I'm currently learning about Policy Gradient Descent in the context of Reinforcement Learning. TL;DR, my question is: "What are the constraints on the reward function (in theory and practice) and what would be a good reward function for the case below?"
Details:
I want to implement a Neural Net which should learn to play a simple board game using Policy Gradient Descent. I'll omit the details of the NN as they don't matter. The loss function for Policy Gradient Descent, as I understand it is negative log likelihood: loss = - avg(r * log(p))
My question now is how to define the reward r
? Since the game can have 3 different outcomes: win, loss, or draw - it seems rewarding 1 for a win, 0 for a draw, -1 for a loss (and some discounted value of those for action leading to those outcomes) would be a natural choice.

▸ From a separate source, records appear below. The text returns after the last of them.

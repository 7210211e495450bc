-- ===== src/Elasticache/Main.antt =====
-- `main`, with the functions of the manager that it calls and its initial state.
use community_aws.Base.{
  ℕ, false, none, if◌then◌else◌, contains, string_eq, nat_eq, bool_eq, option_eq, lower, lower,
}
use community_aws.Base.Run.{lift, Run, Outcome, ◌>>=◌, ◌>>◌}
use community_aws.Elasticache.Client.{Params, Service, Manager}
use community_aws.Elasticache.Compare.{State, present, absent, rebooted, check_params}
use community_aws.Elasticache.Status.{exist_statuses, status_now, refresh_data}
use community_aws.Elasticache.Actions.{create, delete, sync, reboot}

-- the engine, in lower case
unfoldable pub init_params : Params → Params
init_params p = record p { engine = lower p.engine }

abbrev pub init : {W : Type 0} → W → Manager W
init w = record { world = w; changed = false; data_ = none; status = "gone" }

module _ (s : Service) (rounds : ℕ) where
  unfoldable pub ensure_present : Params → Run (Manager s.World) (Unit {0})
  ensure_present p = status_now s >>= λ status.
      if contains status exist_statuses then sync s p rounds else create s p rounds

  unfoldable pub run_state : State → Params → Run (Manager s.World) (Unit {0})
  unfolding ensure_present
  run_state present p = ensure_present p
  run_state absent p = delete s p rounds
  run_state rebooted p = reboot s p rounds

  -- The manager at the end has the facts that the module reports.
  unfoldable pub main : State → Params → s.World → Outcome (Unit {0} × Manager s.World)
  unfolding run_state
  main state p w =
      (lift (check_params state p) >> refresh_data s >> run_state state (init_params p)) (init w)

However, mathematically I have doubts:
Win Reward: 1 - This seems to make sense. This should push probabilities towards 1 for moves involved in wins with diminishing gradient the closer the probability gets to 1.
Draw Reward: 0 - This does not seem to make sense. This would just cancel out any probabilities in the equation and no learning should be possible (as the gradient should always be 0).

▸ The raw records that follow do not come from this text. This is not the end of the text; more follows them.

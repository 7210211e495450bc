-- ===== src/Elasticache/Closed.antt =====
-- What holds of the wait, and of the calls with the refresh that follows them, holds of the whole
-- manager.
use community_aws.Base.{
  ℕ, String, List, ◌==◌, string_eq, nat_eq, bool_eq, option_eq, Result, ok, err,
}
use community_aws.Base.Run.{lift, Run, ◌>>=◌, ◌>>◌}
use community_aws.Base.Rules.{Closed, of_if, of_given}
use community_aws.Elasticache.Client.{Params, Service, Manager}
use community_aws.Elasticache.Compare.{State, present, absent, rebooted}
use community_aws.Elasticache.Status.{set_data, refresh_data, unless_reached, wait_for_status}
use community_aws.Elasticache.Actions.{
  call, call_delete, set_changed, wait_if_asked, wait_or_fail, data_now, finish, create_cluster,
  create_from, create, delete_cluster, delete_from, delete, modify, sync_available, sync_busy, sync,
  reboot_nodes, reboot,
}
use community_aws.Elasticache.Main.{ensure_present, run_state}

-- a closed predicate that holds of the parts that read or change the service
pub record Parts (s : Service) (p : Params) (rounds : ℕ) (c : Closed (Manager s.World))
    : Type 0 where
  pub of_wait : (awaited : String) → c.Holds (wait_for_status s rounds awaited)
  pub of_set_changed : c.Holds (set_changed s p rounds)
  pub of_call_create : c.Holds (call s p rounds (s.create_cache_cluster p) >> refresh_data s)
  pub of_call_modify :
      (ids : List String)
      → c.Holds (call s p rounds (s.modify_cache_cluster ids p) >> refresh_data s)
  pub of_call_reboot :
      (ids : List String) → c.Holds (call s p rounds (s.reboot_cache_cluster ids) >> refresh_data s)
  pub of_call_delete : c.Holds (call_delete s p rounds >>= set_data s)

module _ {s : Service} {p : Params} {rounds : ℕ} (c : Closed (Manager s.World))
    (parts : Parts s p rounds c) where
  of_unless_reached :
      (awaited : String) (next : String → Run (Manager s.World) (Unit {0}))
      → ((status : String) → c.Holds (next status))
      → c.Holds (unless_reached s awaited next)
  of_unless_reached awaited next h =
      c.of_bind _ _ (c.of_look _)
        (λ status. of_if c (status == awaited) _ _ (c.of_return tt) (h status))

  pub of_lift : {A : Type 0} (r : Result A) → c.Holds (lift r)
  of_lift (ok a) = c.of_return a
  of_lift (err e) = c.of_raise e

  of_wait_if_asked : (awaited : String) → c.Holds (wait_if_asked s p rounds awaited)
  unfolding wait_if_asked
  of_wait_if_asked awaited = search (c.of_return, of_if c, parts.of_wait)

  of_wait_or_fail : (awaited text : String) → c.Holds (wait_or_fail s p rounds awaited text)
  unfolding wait_or_fail
  of_wait_or_fail awaited text = search (c.of_raise, of_if c, parts.of_wait)

  of_data_now : c.Holds (data_now s p rounds)
  of_data_now = c.of_bind _ _ (c.of_look _) (of_given c _)

  of_finish : (awaited : String) → c.Holds (finish s p rounds awaited)
  unfolding finish
  of_finish awaited = search (c.of_bind, parts.of_set_changed, of_wait_if_asked)

  of_create_cluster : c.Holds (create_cluster s p rounds)
  unfolding create_cluster
  of_create_cluster = search (c.of_bind, parts.of_call_create, of_finish)

  of_create_from : (status : String) → c.Holds (create_from s p rounds status)
  unfolding create_from
  of_create_from status =
      search (c.of_bind, c.of_return, of_if c, of_wait_if_asked, of_wait_or_fail, of_create_cluster)

  of_create : c.Holds (create s p rounds)
  unfolding create
  of_create = of_unless_reached "available" (create_from s p rounds) of_create_from

  of_delete_cluster : c.Holds (delete_cluster s p rounds)
  unfolding delete_cluster
  of_delete_cluster = search (c.of_bind, parts.of_call_delete, of_finish)

  of_delete_from : (status : String) → c.Holds (delete_from s p rounds status)
  unfolding delete_from
  of_delete_from status =
      search (c.of_bind, c.of_return, of_if c, of_wait_if_asked, of_wait_or_fail, of_delete_cluster)

  of_delete : c.Holds (delete s p rounds)
  unfolding delete
  of_delete = of_unless_reached "gone" (delete_from s p rounds) of_delete_from

  of_modify : c.Holds (modify s p rounds)
  unfolding modify
  of_modify = search (c.of_bind, of_data_now, of_lift, parts.of_call_modify, of_finish) depth 8

  of_sync_available : c.Holds (sync_available s p rounds)
  unfolding sync_available
  of_sync_available =
      search
        (
          c.of_bind,
          c.of_return,
          c.of_raise,
          of_if c,
          of_data_now,
          of_lift,
          of_delete,
          of_create,
          of_modify,
        )
        depth 9

  of_sync : c.Holds (sync s p rounds)
  unfolding sync sync_busy
  of_sync =
      search
        (c.of_bind, c.of_look, c.of_return, c.of_raise, of_if c, parts.of_wait, of_sync_available)
        depth 8

  of_reboot_nodes : c.Holds (reboot_nodes s p rounds)
  unfolding reboot_nodes
  of_reboot_nodes = search (c.of_bind, of_data_now, parts.of_call_reboot, of_finish) depth 8

  of_reboot : c.Holds (reboot s p rounds)
  unfolding reboot
  of_reboot =
      search
        (c.of_bind, c.of_look, c.of_return, c.of_raise, of_if c, of_wait_or_fail, of_reboot_nodes)
        depth 8

  pub of_run_state : (state : State) → c.Holds (run_state s rounds state p)
  unfolding run_state ensure_present
  of_run_state present = search (c.of_bind, c.of_look, of_if c, of_sync, of_create)
  of_run_state absent = of_delete
  of_run_state rebooted = of_reboot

Loss Reward: -1 - This should kind of work. It should push probabilities towards 0 for moves involved in losses. However, I'm concerned about the asymmetry of the gradient compared to the win case. The closer to 0 the probability gets, the steeper the gradient gets. I'm concerned that this would create an extremely strong bias towards a policy that avoids losses - to the degree where the win signal doesn't matter much at all.